There may be more Hispanics than blacks, but there are still
twice as many black voters as Hispanic ones. According to
Suro of the Pew Hispanic Center: 5% of non-Hispanic blacks
were not citizens in 2000, compared with 39% of Hispanics.
Beyond that, Hispanics are not a homogeneous group -- politically
or culturally. Many see themselves as having separate and
distinct cultures based on their countries of origin. Cubans
in Miami are largely conservative and Republican. Mexicans
in Los Angeles and Puerto Ricans in New York, on the other
hand, are more liberal on many issues and largely Democrats.
''Blacks on an average vote Democratic 85%; for Hispanics
it's 70%,'' says Ronald Walters, political science professor
at the University of Maryland. ''But there are some themes
that run through the (Hispanic) group, such as immigrant issues,
social services, bilingual education, employment.''
Growing market
It's not easy to appeal to Hispanics with one message, whether
offering politics, music or frozen foods.

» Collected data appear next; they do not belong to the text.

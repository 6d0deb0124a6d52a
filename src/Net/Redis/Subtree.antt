-- ===== src/Net/Redis/Subtree.antt =====
-- afl/net/redis/subtree.cpp: a family of keys with a common prefix. The object is its handler and the
-- prefix; the objects for its keys are given by the names that it makes for them.
use afl.Base.{List, [], ◌∷◌, ◌++◌, ◌&&◌, if◌then◌else◌, leb, length, take, drop}
use afl.Base.Int.{ℤ}
use afl.Base.Str.{Str, bytes, str_eq}
use afl.Except.{ok, ◌>>=◌}
use afl.Text.Number.{format_signed}
use afl.Data.Value.{string}
use afl.Data.Access.{to_string_list}
use afl.Net.Handler.{CommandHandler, Calls, finish}

-- `DELIMITER`
abbrev pub delimiter : Str
delimiter = bytes ":"

-- The loop over the answer: keys that do not start with the prefix are left out.
unfoldable pub strip_names : Str → List Str → List Str
strip_names name [] = []
strip_names name (key ∷ keys) =
    let rest = strip_names name keys in
    if leb (length name) (length key) && str_eq (take (length name) key) name
    then drop (length name) key ∷ rest
    else rest

-- The name of a key within the subtree, for all types of keys.
abbrev pub key : Str → Str → Str
key prefix name = prefix ++ name

abbrev pub subtree : Str → Str → Str
subtree prefix name = prefix ++ (name ++ delimiter)

-- `Format("%d", name)`
abbrev pub int_subtree : Str → ℤ → Str
int_subtree prefix name = subtree prefix (format_signed name)

abbrev pub get_key_names : {S : Type 0} → CommandHandler S → Str → Calls S (List Str)
get_key_names ch name =
    finish (ch.call (string (bytes "KEYS") ∷ string (name ++ bytes "*") ∷ []))
      (λ v. to_string_list v >>= λ names. ok (strip_names name names))
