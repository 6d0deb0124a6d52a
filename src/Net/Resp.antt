-- ===== src/Net/Resp.antt =====
-- afl/net/resp: the server's and the client's side of a RESP connection.
pub mod ProtocolHandler
pub mod Client
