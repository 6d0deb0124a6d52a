-- ===== src/Resp/Writer.antt =====
-- afl/io/resp/writer.cpp: a value as the bytes that go to the sink.
use afl.Base.{ℕ, ◌*◌, [], ◌∷◌, ◌++◌, if◌then◌else◌, ◌==◌, ◌||◌}
use afl.Base.Str.{Str, bytes}
use afl.Base.{length}
use afl.Text.Number.{format_signed, format_unsigned}
use afl.Data.Value.{
  Value, null, string, integer, boolean, error, vector, hash, Items, nil, cons, Fields, end, field,
  count, count_fields,
}

abbrev pub crlf : Str
crlf = 13 ∷ 10 ∷ []

-- `sendSuccess`
unfoldable pub send_success : Str → Str
send_success s = b'+' ∷ s ++ crlf

-- `Format("$%d\r\n", n)`, and the same with another letter.
unfoldable pub header : ℕ → ℕ → Str
header letter n = letter ∷ format_unsigned n ++ crlf

unfoldable pub write_string : Str → Str
unfolding header
write_string s = header b'$' (length s) ++ (s ++ crlf)

-- What stands before the first line break.
unfoldable pub first_line : Str → Str
first_line [] = []
first_line (c ∷ s) = if c == 13 || c == 10 then [] else c ∷ first_line s

unfoldable pub write_error : Str → Str
unfolding first_line
write_error s = b'-' ∷ first_line s ++ crlf

unfoldable mutual
  pub write : Value → Str
  write null = bytes "$-1" ++ crlf
  write (string s) = write_string s
  write (integer n) = write_string (format_signed n)
  write (boolean b) = write_string (if b then bytes "1" else bytes "0")
  write (error source s) = write_error s
  write (vector vs) = header b'*' (count vs) ++ write_items vs
  write (hash fs) = header b'*' (2 * count_fields fs) ++ write_fields fs

  pub write_items : Items → Str
  write_items nil = []
  write_items (cons v vs) = write v ++ write_items vs

  pub write_fields : Fields → Str
  write_fields end = []
  write_fields (field k v fs) = write_string k ++ (write v ++ write_fields fs)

Hispanic cuisine
differs markedly from region to region and country to country.
Many Hispanics who were born in this country don't speak Spanish
or listen to Spanish-language media.
''Consumers don't think or act a certain way based on the
color of their skin as much as their household income, age
and gender,'' says Christopher Kelley, author of a recent
study by the Forrester research company.
The growth of Hispanics has sparked a surge in entrepreneurship
and in the number of companies owned by Hispanics in the USA.

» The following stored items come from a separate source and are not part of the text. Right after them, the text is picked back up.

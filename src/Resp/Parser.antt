-- ===== src/Resp/Parser.antt =====
-- afl/io/resp/parser.cpp: the push parser. Bytes come in pieces; a state holds what was read so far.
pub mod Bytes
pub mod Chunks
pub mod Shallow
pub mod Refines
pub mod Pieces
use afl.Base.{ℕ, zero, suc, ◌+◌, ◌-◌, ◌*◌, ◌^◌, Bool, true, false, ◌&&◌, ◌||◌, not}
use afl.Base.{List, [], ◌∷◌, ◌++◌, length, take, drop, if◌then◌else◌, ltb, leb, ◌==◌}
use afl.Base.Int.{ℤ, pos, neg}
use afl.Base.Str.{Str, bytes}
use afl.Except.{Exception, Result, ok, err, file_format, syntax_error, ◌>>=◌}
use afl.Text.Char.{char_is_upper, char_is_lower}
use afl.Data.Value.{Value, null, string, integer, error, vector, Items, nil, push_back}

abbrev pub source_id : Str
source_id = bytes "<Parser>"

-- What `syntaxError` throws.
abbrev pub syntax_failure : Exception
syntax_failure = file_format source_id syntax_error

-- `IntState::Kind`
pub data Kind : Type 0 where
  integer_kind bulk_kind array_kind : Kind

-- `IntState::m_state`
pub data Sign : Type 0 where
  virgin positive positive_digits negative negative_digits : Sign

-- The states of a parser, with their members. An `ArrayState` has a parser of its own, of which the
-- state is kept here: it never accepts the short form. The `m_value` of a number is kept as its
-- magnitude: it is negative in the states `negative` and `negative_digits`.
pub data State : Type 0 where
  root : State
  line : Bool → Str → State
  number : Kind → Sign → ℕ → State
  bulk : ℕ → Str → State
  array : ℕ → Items → State → State
  short : Str → Items → State
  -- `m_pState` is null, and `m_pValue` is the value.
  done : Value → State

-- A state and the data that are left.
abbrev pub Outcome : Type 0
Outcome = Result (State × Str)

-- `RootState::handleData`; `accept_short` is `m_acceptShort`.
unfoldable pub root_byte : Bool → ℕ → Result State
root_byte accept_short c =
    if c == b'+'
    then ok (line true [])
    else if c == b'-'
    then ok (line false [])
    else if c == b':'
    then ok (number integer_kind virgin 0)
    else if c == b'$'
    then ok (number bulk_kind virgin 0)
    else if c == b'*'
    then ok (number array_kind virgin 0)
    else if accept_short && (char_is_upper c || char_is_lower c)
    then ok (short (c ∷ []) nil)
    else err syntax_failure

unfoldable pub root_data : Bool → Str → Outcome
root_data accept_short [] = ok (root, [])
root_data accept_short (c ∷ input) = do st ← root_byte accept_short c; ok (st, input)

abbrev pub line_value : Bool → Str → Value
line_value success s = if success then string s else error source_id s

-- `StringState::handleData`
unfoldable pub line_data : Bool → Str → Str → Outcome
line_data success s [] = ok (line success s, [])
line_data success s (c ∷ input) =
    let skipped = line_data success s input in
    let added = line_data success (s ++ (c ∷ [])) input in
    if c == 13 then skipped else if c == 10 then ok (done (line_value success s), input) else added

abbrev pub is_virgin : Sign → Bool
is_virgin virgin = true
is_virgin _ = false

abbrev pub is_negative : Sign → Bool
is_negative negative = true
is_negative negative_digits = true
is_negative _ = false

abbrev pub has_digits : Sign → Bool
has_digits positive_digits = true
has_digits negative_digits = true
has_digits _ = false

-- A digit in `IntState::handleData`, with its checks against INT_MIN and INT_MAX.
unfoldable pub number_digit : Sign → ℕ → ℕ → Result (Sign × ℕ)
number_digit sign v digit =
    if is_negative sign
    then (if ltb 214748364 v || (not (v == 0) && ltb (2 ^ 31 - 10 * v) digit)
        then err syntax_failure
        else ok (negative_digits, 10 * v + digit))
    else (if ltb 214748364 v || ltb (2147483647 - 10 * v) digit
        then err syntax_failure
        else ok (positive_digits, 10 * v + digit))

-- A byte in `IntState::handleData`, other than the line feed.
unfoldable pub number_byte : Sign → ℕ → ℕ → Result (Sign × ℕ)
unfolding number_digit
number_byte sign v c =
    if c == b'+'
    then (if is_virgin sign then ok (positive, v) else err syntax_failure)
    else if c == b'-'
    then (if is_virgin sign then ok (negative, v) else err syntax_failure)
    else if leb b'0' c && leb c b'9'
    then number_digit sign v (c - b'0')
    else if c == 13
    then ok (sign, v)
    else err syntax_failure

-- A number that was read: a value, or the state that reads as many bytes or elements.
abbrev pub numbered : Kind → Bool → ℕ → State
numbered integer_kind below v = done (integer (if below then neg (pos v) else pos v))
numbered array_kind below v =
    if below && not (v == 0)
    then done null
    else if v == 0
    then done (vector nil)
    else array v nil root
numbered bulk_kind below v = if below && not (v == 0) then done null else bulk v []

-- The line feed in `IntState::handleData`.
unfoldable pub number_end : Kind → Sign → ℕ → Result State
number_end kind sign v =
    if has_digits sign then ok (numbered kind (is_negative sign) v) else err syntax_failure

-- `IntState::handleData`
unfoldable pub number_data : Kind → Sign → ℕ → Str → Outcome
number_data kind sign v [] = ok (number kind sign v, [])
number_data kind sign v (c ∷ input) =
    if c == 10
    then (number_end kind sign v >>= λ st. ok (st, input))
    else (number_byte sign v c >>= λ r. number_data kind r.0 r.1 input)

-- The line break in `BulkState::handleData`.
unfoldable pub bulk_end : Str → Str → Outcome
bulk_end s [] = ok (bulk 0 s, [])
bulk_end s (c ∷ input) =
    let skipped = bulk_end s input in
    if c == 13 then skipped else if c == 10 then ok (done (string s), input) else err syntax_failure

-- `BulkState::handleData`. `splitUpdate` takes as many bytes as there are, up to `m_size`, and takes
-- their number off `m_size`.
unfoldable pub bulk_data : ℕ → Str → Str → Outcome
unfolding bulk_end
bulk_data n s input =
    let left = n - length input in
    if left == 0
    then bulk_end (s ++ take n input) (drop n input)
    else ok (bulk left (s ++ input), [])

-- A byte of `ShortState::handleData` that ends a word.
abbrev pub is_blank : ℕ → Bool
is_blank c = c == 32 || (c == 9 || (c == 13 || c == 10))

abbrev pub flush : Str → Items → Items
flush [] vs = vs
flush (c ∷ s) vs = push_back vs (string (c ∷ s))

-- `ShortState::handleData`
unfoldable pub short_data : Str → Items → Str → Outcome
short_data s vs [] = ok (short s vs, [])
short_data s vs (c ∷ input) =
    let next = short_data [] (flush s vs) input in
    let added = short_data (s ++ (c ∷ [])) vs input in
    if is_blank c then (if c == 10 then ok (done (vector (flush s vs)), input) else next) else added

-- `Parser::handleData` (`handle`), which calls `State::handleData` (`step`) until a value is there or the
-- data are used up, and `ArrayState::handleData` (`array_data`), which calls it for its own parser.
unfoldable mutual
  pub handle : ℕ → Bool → State → Str → Outcome
  handle zero accept_short st input = ok (st, input)
  handle (suc fuel) accept_short (done v) input = ok (done v, input)
  handle (suc fuel) accept_short st [] = ok (st, [])
  handle (suc fuel) accept_short st (c ∷ input) =
      step fuel accept_short st (c ∷ input) >>= λ r. handle fuel accept_short r.0 r.1

  pub step : ℕ → Bool → State → Str → Outcome
  step zero accept_short st input = ok (st, input)
  step (suc fuel) accept_short root input = root_data accept_short input
  step (suc fuel) accept_short (line success s) input = line_data success s input
  step (suc fuel) accept_short (number kind sign v) input = number_data kind sign v input
  step (suc fuel) accept_short (bulk n s) input = bulk_data n s input
  step (suc fuel) accept_short (array n vs p) input = array_data fuel n vs p input
  step (suc fuel) accept_short (short s vs) input = short_data s vs input
  step (suc fuel) accept_short (done v) input = ok (done v, input)

  pub array_data : ℕ → ℕ → Items → State → Str → Outcome
  array_data fuel zero vs p input = ok (done (vector vs), input)
  array_data fuel (suc n) vs p [] = ok (array (suc n) vs p, [])
  array_data zero (suc n) vs p (c ∷ input) = ok (array (suc n) vs p, c ∷ input)
  array_data (suc fuel) (suc n) vs p (c ∷ input) =
      handle fuel false p (c ∷ input) >>= λ r. array_next fuel n vs r.0 r.1

  -- An element that is complete is pushed, and `extract` sets its parser back to the root state.
  pub array_next : ℕ → ℕ → Items → State → Str → Outcome
  array_next zero n vs p input = ok (array (suc n) vs p, input)
  array_next (suc fuel) n vs (done v) input = array_data fuel n (push_back vs v) root input
  array_next (suc fuel) n vs p input = array_data fuel (suc n) vs p input

-- How deep the arrays of a state are nested.
unfoldable pub depth : State → ℕ
depth (array n vs p) = suc (depth p)
depth _ = 0

-- `Parser::handleData`, with fuel for every byte and every nested array.
unfoldable pub handle_data : Bool → State → Str → Outcome
unfolding handle depth
handle_data accept_short st input = handle (4 * length input + 3 * depth st) accept_short st input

There are more than 1.1 million such companies, four times
the number two decades ago.
That number displaces African-Americans as owners of the
most minority-owned companies.
Hispanics now own one of every 20 U.S. companies, the latest
Census data show.
More of them are becoming big businesses. Nearly 27,000 have
annual revenue of $1 million or more, which puts them in the
corporate elite. They include giants such as MasTec, a telecommunications
services company based in Miami. MasTec has about 10,000 employees
in the USA and Brazil, and it boasts more than $800 million
in annual revenue.
Demographer Passel estimates that in the next half-century,
there will be twice as many Hispanics as blacks in the nation.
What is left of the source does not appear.